Instructions to follow:
The material below contains a line with "-- What the" and a line with "pub deactivate : Selector". Copy exactly those two lines and all lines between them.

Material to process Block Start

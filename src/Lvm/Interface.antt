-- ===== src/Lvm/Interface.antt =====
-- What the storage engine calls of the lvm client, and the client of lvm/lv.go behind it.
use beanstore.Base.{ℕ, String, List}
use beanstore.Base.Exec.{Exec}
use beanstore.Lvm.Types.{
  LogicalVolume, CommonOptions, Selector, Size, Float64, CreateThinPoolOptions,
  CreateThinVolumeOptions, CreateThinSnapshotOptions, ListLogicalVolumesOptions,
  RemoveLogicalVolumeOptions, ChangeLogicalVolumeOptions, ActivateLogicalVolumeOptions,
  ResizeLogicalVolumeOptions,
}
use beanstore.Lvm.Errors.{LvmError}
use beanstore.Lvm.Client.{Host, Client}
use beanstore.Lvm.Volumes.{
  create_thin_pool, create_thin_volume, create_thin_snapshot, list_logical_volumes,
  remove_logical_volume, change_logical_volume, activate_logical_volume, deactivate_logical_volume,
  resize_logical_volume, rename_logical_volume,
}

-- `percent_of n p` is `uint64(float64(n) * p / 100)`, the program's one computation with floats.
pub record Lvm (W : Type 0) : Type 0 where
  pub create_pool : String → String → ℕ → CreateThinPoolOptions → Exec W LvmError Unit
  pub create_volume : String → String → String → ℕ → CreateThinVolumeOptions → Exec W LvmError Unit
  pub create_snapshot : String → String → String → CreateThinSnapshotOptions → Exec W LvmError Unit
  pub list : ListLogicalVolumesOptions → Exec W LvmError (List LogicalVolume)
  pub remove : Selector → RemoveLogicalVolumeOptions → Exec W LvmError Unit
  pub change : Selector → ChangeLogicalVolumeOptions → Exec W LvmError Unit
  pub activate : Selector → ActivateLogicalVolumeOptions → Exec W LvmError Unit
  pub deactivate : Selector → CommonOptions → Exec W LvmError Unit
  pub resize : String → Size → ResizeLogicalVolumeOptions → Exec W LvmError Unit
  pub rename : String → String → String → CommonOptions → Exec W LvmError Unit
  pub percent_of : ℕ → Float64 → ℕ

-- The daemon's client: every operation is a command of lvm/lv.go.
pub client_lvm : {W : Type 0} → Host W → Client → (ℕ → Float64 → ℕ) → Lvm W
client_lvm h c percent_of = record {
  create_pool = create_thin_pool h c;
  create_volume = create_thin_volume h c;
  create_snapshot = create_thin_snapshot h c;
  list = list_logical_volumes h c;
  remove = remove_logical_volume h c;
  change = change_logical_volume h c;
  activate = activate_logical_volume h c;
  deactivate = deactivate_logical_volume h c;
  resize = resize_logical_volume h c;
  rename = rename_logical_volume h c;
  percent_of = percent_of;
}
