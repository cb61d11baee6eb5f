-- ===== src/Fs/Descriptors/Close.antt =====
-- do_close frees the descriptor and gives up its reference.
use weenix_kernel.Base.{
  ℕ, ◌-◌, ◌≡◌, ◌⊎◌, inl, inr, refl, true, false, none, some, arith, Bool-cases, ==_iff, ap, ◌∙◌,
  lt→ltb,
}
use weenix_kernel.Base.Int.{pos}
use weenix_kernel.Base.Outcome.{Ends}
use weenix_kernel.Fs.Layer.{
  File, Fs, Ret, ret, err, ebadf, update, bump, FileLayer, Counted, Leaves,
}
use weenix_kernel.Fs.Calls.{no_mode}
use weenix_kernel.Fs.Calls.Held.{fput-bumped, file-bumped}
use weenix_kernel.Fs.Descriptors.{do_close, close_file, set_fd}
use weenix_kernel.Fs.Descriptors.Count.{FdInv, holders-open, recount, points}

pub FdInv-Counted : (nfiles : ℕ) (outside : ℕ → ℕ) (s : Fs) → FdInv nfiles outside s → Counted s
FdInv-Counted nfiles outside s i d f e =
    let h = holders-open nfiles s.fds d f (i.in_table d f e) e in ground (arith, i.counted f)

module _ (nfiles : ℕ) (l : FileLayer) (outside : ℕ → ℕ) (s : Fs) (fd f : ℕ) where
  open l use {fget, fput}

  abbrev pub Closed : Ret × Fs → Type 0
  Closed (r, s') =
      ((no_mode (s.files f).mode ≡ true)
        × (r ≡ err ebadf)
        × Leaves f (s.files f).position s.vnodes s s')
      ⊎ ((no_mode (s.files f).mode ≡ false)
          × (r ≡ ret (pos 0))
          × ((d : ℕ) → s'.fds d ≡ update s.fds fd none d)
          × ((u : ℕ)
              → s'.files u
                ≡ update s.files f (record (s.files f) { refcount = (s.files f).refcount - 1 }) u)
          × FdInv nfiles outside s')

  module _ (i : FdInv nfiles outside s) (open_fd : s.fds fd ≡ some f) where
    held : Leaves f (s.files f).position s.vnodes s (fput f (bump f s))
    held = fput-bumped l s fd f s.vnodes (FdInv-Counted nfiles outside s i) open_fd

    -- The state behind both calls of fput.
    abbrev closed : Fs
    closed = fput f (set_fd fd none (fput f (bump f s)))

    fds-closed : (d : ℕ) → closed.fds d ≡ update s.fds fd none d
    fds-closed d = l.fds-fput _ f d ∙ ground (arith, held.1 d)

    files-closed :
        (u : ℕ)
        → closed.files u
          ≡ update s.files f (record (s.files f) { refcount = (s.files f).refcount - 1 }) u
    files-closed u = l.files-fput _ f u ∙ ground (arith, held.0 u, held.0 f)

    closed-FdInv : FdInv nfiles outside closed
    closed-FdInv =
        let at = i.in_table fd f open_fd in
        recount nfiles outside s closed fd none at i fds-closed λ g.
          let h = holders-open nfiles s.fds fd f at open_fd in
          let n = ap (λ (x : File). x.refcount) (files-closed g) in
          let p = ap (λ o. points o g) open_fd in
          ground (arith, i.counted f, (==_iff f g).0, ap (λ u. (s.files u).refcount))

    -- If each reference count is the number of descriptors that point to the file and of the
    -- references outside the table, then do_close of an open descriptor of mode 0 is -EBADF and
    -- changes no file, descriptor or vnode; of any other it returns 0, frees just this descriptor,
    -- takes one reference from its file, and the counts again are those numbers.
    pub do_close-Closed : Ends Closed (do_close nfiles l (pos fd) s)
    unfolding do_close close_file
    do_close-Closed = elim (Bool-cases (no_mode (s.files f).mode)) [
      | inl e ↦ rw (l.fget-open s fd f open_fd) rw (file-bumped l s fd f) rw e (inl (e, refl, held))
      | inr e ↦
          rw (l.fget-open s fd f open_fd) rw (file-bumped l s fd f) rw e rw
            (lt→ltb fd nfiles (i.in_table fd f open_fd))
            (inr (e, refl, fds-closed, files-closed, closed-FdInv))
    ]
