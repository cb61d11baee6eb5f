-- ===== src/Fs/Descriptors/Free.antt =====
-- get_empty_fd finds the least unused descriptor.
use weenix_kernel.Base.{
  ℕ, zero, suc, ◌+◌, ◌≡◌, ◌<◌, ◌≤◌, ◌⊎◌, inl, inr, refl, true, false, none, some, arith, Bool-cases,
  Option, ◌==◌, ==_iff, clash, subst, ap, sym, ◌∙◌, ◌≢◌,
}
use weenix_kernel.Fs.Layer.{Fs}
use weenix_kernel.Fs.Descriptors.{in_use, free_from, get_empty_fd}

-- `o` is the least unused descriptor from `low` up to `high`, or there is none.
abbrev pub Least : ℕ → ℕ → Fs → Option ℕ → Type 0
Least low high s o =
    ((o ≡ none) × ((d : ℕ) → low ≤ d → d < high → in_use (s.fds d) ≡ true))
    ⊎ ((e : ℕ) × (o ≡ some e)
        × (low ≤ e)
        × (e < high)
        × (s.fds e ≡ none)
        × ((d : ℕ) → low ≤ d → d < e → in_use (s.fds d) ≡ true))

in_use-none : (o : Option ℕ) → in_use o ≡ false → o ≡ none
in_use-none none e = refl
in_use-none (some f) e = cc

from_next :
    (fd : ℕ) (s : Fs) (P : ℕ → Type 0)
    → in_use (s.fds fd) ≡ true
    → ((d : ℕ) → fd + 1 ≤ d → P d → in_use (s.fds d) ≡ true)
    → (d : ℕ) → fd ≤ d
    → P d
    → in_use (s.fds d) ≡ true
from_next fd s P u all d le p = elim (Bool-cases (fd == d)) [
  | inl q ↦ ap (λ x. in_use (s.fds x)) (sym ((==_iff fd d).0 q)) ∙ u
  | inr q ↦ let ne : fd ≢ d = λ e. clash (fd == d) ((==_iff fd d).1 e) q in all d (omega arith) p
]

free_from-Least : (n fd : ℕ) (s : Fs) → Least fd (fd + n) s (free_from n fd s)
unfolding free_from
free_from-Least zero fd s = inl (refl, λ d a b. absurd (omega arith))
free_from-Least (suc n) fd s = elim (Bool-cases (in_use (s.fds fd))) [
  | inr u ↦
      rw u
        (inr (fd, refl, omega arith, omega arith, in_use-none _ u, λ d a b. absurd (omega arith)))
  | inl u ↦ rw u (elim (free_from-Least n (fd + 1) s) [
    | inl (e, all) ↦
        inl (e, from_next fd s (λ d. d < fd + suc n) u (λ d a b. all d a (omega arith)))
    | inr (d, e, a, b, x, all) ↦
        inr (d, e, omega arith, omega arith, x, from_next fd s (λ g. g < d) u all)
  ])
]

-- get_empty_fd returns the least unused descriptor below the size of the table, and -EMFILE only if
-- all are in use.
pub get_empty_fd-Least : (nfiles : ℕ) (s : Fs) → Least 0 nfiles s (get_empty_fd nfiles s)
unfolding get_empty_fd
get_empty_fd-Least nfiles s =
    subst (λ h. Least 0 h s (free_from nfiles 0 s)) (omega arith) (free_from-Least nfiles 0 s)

Material to process Block End

Answer to this exercise:
-- What the storage engine calls of the lvm client, and the client of lvm/lv.go behind it.
use beanstore.Base.{ℕ, String, List}
use beanstore.Base.Exec.{Exec}
use beanstore.Lvm.Types.{
  LogicalVolume, CommonOptions, Selector, Size, Float64, CreateThinPoolOptions,
  CreateThinVolumeOptions, CreateThinSnapshotOptions, ListLogicalVolumesOptions,
  RemoveLogicalVolumeOptions, ChangeLogicalVolumeOptions, ActivateLogicalVolumeOptions,
  ResizeLogicalVolumeOptions,
}
use beanstore.Lvm.Errors.{LvmError}
use beanstore.Lvm.Client.{Host, Client}
use beanstore.Lvm.Volumes.{
  create_thin_pool, create_thin_volume, create_thin_snapshot, list_logical_volumes,
  remove_logical_volume, change_logical_volume, activate_logical_volume, deactivate_logical_volume,
  resize_logical_volume, rename_logical_volume,
}

-- `percent_of n p` is `uint64(float64(n) * p / 100)`, the program's one computation with floats.
pub record Lvm (W : Type 0) : Type 0 where
  pub create_pool : String → String → ℕ → CreateThinPoolOptions → Exec W LvmError Unit
  pub create_volume : String → String → String → ℕ → CreateThinVolumeOptions → Exec W LvmError Unit
  pub create_snapshot : String → String → String → CreateThinSnapshotOptions → Exec W LvmError Unit
  pub list : ListLogicalVolumesOptions → Exec W LvmError (List LogicalVolume)
  pub remove : Selector → RemoveLogicalVolumeOptions → Exec W LvmError Unit
  pub change : Selector → ChangeLogicalVolumeOptions → Exec W LvmError Unit
  pub activate : Selector → ActivateLogicalVolumeOptions → Exec W LvmError Unit
  pub deactivate : Selector → CommonOptions → Exec W LvmError Unit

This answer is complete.